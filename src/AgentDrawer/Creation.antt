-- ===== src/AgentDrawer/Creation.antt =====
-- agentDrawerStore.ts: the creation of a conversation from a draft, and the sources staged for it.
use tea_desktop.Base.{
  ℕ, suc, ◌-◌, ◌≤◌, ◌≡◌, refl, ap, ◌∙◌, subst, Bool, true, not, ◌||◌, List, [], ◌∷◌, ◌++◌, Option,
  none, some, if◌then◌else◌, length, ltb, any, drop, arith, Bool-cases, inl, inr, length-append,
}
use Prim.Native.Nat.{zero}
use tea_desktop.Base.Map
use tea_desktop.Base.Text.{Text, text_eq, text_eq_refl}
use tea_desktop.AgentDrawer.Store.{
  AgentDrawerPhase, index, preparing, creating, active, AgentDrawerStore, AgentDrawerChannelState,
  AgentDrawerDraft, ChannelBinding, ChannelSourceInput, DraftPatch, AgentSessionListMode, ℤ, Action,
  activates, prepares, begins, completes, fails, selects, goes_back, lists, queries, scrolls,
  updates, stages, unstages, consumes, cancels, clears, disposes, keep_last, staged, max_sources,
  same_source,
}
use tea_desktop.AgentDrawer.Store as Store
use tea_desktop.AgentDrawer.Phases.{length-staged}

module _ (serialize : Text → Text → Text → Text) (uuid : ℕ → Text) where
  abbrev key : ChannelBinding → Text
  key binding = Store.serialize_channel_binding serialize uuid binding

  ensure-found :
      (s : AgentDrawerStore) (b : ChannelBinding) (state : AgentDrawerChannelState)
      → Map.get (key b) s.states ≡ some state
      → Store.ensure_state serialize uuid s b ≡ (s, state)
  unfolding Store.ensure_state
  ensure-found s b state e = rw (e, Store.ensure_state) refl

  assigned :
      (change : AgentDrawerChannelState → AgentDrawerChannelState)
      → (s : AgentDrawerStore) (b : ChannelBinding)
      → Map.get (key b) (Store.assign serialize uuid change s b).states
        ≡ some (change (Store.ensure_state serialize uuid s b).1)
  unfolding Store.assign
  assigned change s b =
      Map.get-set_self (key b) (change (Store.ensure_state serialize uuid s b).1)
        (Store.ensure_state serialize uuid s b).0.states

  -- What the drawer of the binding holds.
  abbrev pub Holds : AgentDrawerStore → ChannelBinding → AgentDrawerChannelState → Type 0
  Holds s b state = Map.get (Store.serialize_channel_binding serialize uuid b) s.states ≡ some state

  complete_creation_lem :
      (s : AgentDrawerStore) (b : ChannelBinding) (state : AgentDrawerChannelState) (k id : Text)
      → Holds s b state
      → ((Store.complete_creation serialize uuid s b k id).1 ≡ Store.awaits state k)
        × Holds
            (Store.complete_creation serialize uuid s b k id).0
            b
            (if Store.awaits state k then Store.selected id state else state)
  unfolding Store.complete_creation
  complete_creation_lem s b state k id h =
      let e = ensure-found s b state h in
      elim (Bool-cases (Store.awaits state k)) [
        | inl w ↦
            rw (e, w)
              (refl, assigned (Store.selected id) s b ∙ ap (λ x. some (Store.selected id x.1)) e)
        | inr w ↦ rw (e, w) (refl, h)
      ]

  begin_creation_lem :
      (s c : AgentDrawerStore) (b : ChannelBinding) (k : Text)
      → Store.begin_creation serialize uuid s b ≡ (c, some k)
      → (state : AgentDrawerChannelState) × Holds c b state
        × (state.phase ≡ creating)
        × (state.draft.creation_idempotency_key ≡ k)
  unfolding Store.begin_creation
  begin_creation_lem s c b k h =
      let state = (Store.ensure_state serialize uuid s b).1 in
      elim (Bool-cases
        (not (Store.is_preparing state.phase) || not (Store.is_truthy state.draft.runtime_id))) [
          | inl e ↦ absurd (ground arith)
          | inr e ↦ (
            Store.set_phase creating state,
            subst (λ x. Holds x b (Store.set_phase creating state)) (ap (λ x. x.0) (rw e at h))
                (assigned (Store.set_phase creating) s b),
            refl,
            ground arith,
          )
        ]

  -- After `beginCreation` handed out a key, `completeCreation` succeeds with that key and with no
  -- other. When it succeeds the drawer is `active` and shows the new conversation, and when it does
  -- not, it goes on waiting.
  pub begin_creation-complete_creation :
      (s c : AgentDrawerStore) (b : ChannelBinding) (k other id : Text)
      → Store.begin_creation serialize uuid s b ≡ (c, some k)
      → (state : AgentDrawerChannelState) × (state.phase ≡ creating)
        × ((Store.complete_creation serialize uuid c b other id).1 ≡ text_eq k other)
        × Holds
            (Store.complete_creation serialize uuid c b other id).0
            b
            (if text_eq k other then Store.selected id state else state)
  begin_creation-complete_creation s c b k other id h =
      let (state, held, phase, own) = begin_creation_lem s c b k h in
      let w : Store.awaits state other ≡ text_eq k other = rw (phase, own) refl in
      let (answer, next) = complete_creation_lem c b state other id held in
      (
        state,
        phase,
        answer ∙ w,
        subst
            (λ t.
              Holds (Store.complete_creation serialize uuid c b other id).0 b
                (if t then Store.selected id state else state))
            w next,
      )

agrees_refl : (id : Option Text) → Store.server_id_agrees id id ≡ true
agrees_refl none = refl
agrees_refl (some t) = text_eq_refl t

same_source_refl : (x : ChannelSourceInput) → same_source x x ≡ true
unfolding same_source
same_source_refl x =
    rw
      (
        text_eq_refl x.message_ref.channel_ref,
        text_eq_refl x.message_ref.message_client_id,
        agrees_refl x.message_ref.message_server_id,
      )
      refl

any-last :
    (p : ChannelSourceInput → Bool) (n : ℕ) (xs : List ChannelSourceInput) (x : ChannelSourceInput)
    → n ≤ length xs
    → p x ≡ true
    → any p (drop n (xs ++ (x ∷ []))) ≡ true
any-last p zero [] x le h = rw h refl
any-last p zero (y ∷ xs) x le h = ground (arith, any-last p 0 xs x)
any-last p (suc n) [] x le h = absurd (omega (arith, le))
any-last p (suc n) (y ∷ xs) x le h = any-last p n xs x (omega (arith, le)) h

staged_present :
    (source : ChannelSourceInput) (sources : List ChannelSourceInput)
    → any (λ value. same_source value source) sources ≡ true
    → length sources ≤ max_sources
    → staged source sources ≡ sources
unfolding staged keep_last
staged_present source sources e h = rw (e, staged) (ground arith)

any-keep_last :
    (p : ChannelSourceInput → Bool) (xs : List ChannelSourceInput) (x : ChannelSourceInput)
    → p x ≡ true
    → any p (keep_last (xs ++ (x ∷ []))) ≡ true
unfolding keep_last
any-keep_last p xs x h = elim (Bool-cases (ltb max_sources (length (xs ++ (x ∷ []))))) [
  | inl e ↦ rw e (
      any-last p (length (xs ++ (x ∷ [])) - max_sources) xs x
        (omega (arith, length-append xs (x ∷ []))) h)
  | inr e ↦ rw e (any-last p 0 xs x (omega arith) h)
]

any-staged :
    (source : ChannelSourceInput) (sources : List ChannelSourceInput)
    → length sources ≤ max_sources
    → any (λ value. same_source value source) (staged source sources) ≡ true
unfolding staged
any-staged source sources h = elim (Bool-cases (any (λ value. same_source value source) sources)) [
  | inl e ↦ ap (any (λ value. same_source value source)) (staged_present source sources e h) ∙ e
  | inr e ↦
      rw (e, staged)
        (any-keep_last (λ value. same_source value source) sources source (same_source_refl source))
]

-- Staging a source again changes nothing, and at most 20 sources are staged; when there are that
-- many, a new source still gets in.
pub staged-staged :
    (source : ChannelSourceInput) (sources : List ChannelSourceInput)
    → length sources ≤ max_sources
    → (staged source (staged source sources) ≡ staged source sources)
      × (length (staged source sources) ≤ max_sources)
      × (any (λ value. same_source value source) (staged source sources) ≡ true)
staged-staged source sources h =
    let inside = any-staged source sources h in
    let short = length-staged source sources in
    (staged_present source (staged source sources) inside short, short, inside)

◇ ◇ ◇

- [Activity]
Restating the data word for word is the whole task.

- [Response area]
filename src/AgentDrawer/Creation.antt
-- ===== src/AgentDrawer/Creation.antt =====
-- agentDrawerStore.ts: the creation of a conversation from a draft, and the sources staged for it.
use tea_desktop.Base.{
  ℕ, suc, ◌-◌, ◌≤◌, ◌≡◌, refl, ap, ◌∙◌, subst, Bool, true, not, ◌||◌, List, [], ◌∷◌, ◌++◌, Option,
  none, some, if◌then◌else◌, length, ltb, any, drop, arith, Bool-cases, inl, inr, length-append,
}
use Prim.Native.Nat.{zero}
use tea_desktop.Base.Map
use tea_desktop.Base.Text.{Text, text_eq, text_eq_refl}
use tea_desktop.AgentDrawer.Store.{
  AgentDrawerPhase, index, preparing, creating, active, AgentDrawerStore, AgentDrawerChannelState,
  AgentDrawerDraft, ChannelBinding, ChannelSourceInput, DraftPatch, AgentSessionListMode, ℤ, Action,
  activates, prepares, begins, completes, fails, selects, goes_back, lists, queries, scrolls,
  updates, stages, unstages, consumes, cancels, clears, disposes, keep_last, staged, max_sources,
  same_source,
}
use tea_desktop.AgentDrawer.Store as Store
use tea_desktop.AgentDrawer.Phases.{length-staged}

module _ (serialize : Text → Text → Text → Text) (uuid : ℕ → Text) where
  abbrev key : ChannelBinding → Text
  key binding = Store.serialize_channel_binding serialize uuid binding

  ensure-found :
      (s : AgentDrawerStore) (b : ChannelBinding) (state : AgentDrawerChannelState)
      → Map.get (key b) s.states ≡ some state
      → Store.ensure_state serialize uuid s b ≡ (s, state)
  unfolding Store.ensure_state
  ensure-found s b state e = rw (e, Store.ensure_state) refl

  assigned :
      (change : AgentDrawerChannelState → AgentDrawerChannelState)
      → (s : AgentDrawerStore) (b : ChannelBinding)
      → Map.get (key b) (Store.assign serialize uuid change s b).states
        ≡ some (change (Store.ensure_state serialize uuid s b).1)
  unfolding Store.assign
  assigned change s b =
      Map.get-set_self (key b) (change (Store.ensure_state serialize uuid s b).1)
        (Store.ensure_state serialize uuid s b).0.states

  -- What the drawer of the binding holds.
  abbrev pub Holds : AgentDrawerStore → ChannelBinding → AgentDrawerChannelState → Type 0
  Holds s b state = Map.get (Store.serialize_channel_binding serialize uuid b) s.states ≡ some state

  complete_creation_lem :
      (s : AgentDrawerStore) (b : ChannelBinding) (state : AgentDrawerChannelState) (k id : Text)
      → Holds s b state
      → ((Store.complete_creation serialize uuid s b k id).1 ≡ Store.awaits state k)
        × Holds
            (Store.complete_creation serialize uuid s b k id).0
            b
            (if Store.awaits state k then Store.selected id state else state)
  unfolding Store.complete_creation
  complete_creation_lem s b state k id h =
      let e = ensure-found s b state h in
      elim (Bool-cases (Store.awaits state k)) [
        | inl w ↦
            rw (e, w)
              (refl, assigned (Store.selected id) s b ∙ ap (λ x. some (Store.selected id x.1)) e)
        | inr w ↦ rw (e, w) (refl, h)
      ]

  begin_creation_lem :
      (s c : AgentDrawerStore) (b : ChannelBinding) (k : Text)
      → Store.begin_creation serialize uuid s b ≡ (c, some k)
      → (state : AgentDrawerChannelState) × Holds c b state
        × (state.phase ≡ creating)
        × (state.draft.creation_idempotency_key ≡ k)
  unfolding Store.begin_creation
  begin_creation_lem s c b k h =
      let state = (Store.ensure_state serialize uuid s b).1 in
      elim (Bool-cases
        (not (Store.is_preparing state.phase) || not (Store.is_truthy state.draft.runtime_id))) [
          | inl e ↦ absurd (ground arith)
          | inr e ↦ (
            Store.set_phase creating state,
            subst (λ x. Holds x b (Store.set_phase creating state)) (ap (λ x. x.0) (rw e at h))
                (assigned (Store.set_phase creating) s b),
            refl,
            ground arith,
          )
        ]

  -- After `beginCreation` handed out a key, `completeCreation` succeeds with that key and with no
  -- other. When it succeeds the drawer is `active` and shows the new conversation, and when it does
  -- not, it goes on waiting.
  pub begin_creation-complete_creation :
      (s c : AgentDrawerStore) (b : ChannelBinding) (k other id : Text)
      → Store.begin_creation serialize uuid s b ≡ (c, some k)
      → (state : AgentDrawerChannelState) × (state.phase ≡ creating)
        × ((Store.complete_creation serialize uuid c b other id).1 ≡ text_eq k other)
        × Holds
            (Store.complete_creation serialize uuid c b other id).0
            b
            (if text_eq k other then Store.selected id state else state)
  begin_creation-complete_creation s c b k other id h =
      let (state, held, phase, own) = begin_creation_lem s c b k h in
      let w : Store.awaits state other ≡ text_eq k other = rw (phase, own) refl in
      let (answer, next) = complete_creation_lem c b state other id held in
      (
        state,
        phase,
        answer ∙ w,
        subst
            (λ t.
              Holds (Store.complete_creation serialize uuid c b other id).0 b
                (if t then Store.selected id state else state))
            w next,
      )

agrees_refl : (id : Option Text) → Store.server_id_agrees id id ≡ true
agrees_refl none = refl
agrees_refl (some t) = text_eq_refl t

same_source_refl : (x : ChannelSourceInput) → same_source x x ≡ true
unfolding same_source
same_source_refl x =
    rw
      (
        text_eq_refl x.message_ref.channel_ref,
        text_eq_refl x.message_ref.message_client_id,
        agrees_refl x.message_ref.message_server_id,
      )
      refl

any-last :
    (p : ChannelSourceInput → Bool) (n : ℕ) (xs : List ChannelSourceInput) (x : ChannelSourceInput)
    → n ≤ length xs
    → p x ≡ true
    → any p (drop n (xs ++ (x ∷ []))) ≡ true
any-last p zero [] x le h = rw h refl
any-last p zero (y ∷ xs) x le h = ground (arith, any-last p 0 xs x)
any-last p (suc n) [] x le h = absurd (omega (arith, le))
any-last p (suc n) (y ∷ xs) x le h = any-last p n xs x (omega (arith, le)) h

staged_present :
    (source : ChannelSourceInput) (sources : List ChannelSourceInput)
    → any (λ value. same_source value source) sources ≡ true
    → length sources ≤ max_sources
    → staged source sources ≡ sources
unfolding staged keep_last
staged_present source sources e h = rw (e, staged) (ground arith)

any-keep_last :
    (p : ChannelSourceInput → Bool) (xs : List ChannelSourceInput) (x : ChannelSourceInput)
    → p x ≡ true
    → any p (keep_last (xs ++ (x ∷ []))) ≡ true
unfolding keep_last
any-keep_last p xs x h = elim (Bool-cases (ltb max_sources (length (xs ++ (x ∷ []))))) [
  | inl e ↦ rw e (
      any-last p (length (xs ++ (x ∷ [])) - max_sources) xs x
        (omega (arith, length-append xs (x ∷ []))) h)
  | inr e ↦ rw e (any-last p 0 xs x (omega arith) h)
]

any-staged :
    (source : ChannelSourceInput) (sources : List ChannelSourceInput)
    → length sources ≤ max_sources
    → any (λ value. same_source value source) (staged source sources) ≡ true
unfolding staged
any-staged source sources h = elim (Bool-cases (any (λ value. same_source value source) sources)) [
  | inl e ↦ ap (any (λ value. same_source value source)) (staged_present source sources e h) ∙ e
  | inr e ↦
      rw (e, staged)
        (any-keep_last (λ value. same_source value source) sources source (same_source_refl source))
]

-- Staging a source again changes nothing, and at most 20 sources are staged; when there are that
-- many, a new source still gets in.
pub staged-staged :
    (source : ChannelSourceInput) (sources : List ChannelSourceInput)
    → length sources ≤ max_sources
    → (staged source (staged source sources) ≡ staged source sources)
      × (length (staged source sources) ≤ max_sources)
      × (any (λ value. same_source value source) (staged source sources) ≡ true)
staged-staged source sources h =
    let inside = any-staged source sources h in
    let short = length-staged source sources in
    (staged_present source (staged source sources) inside short, short, inside)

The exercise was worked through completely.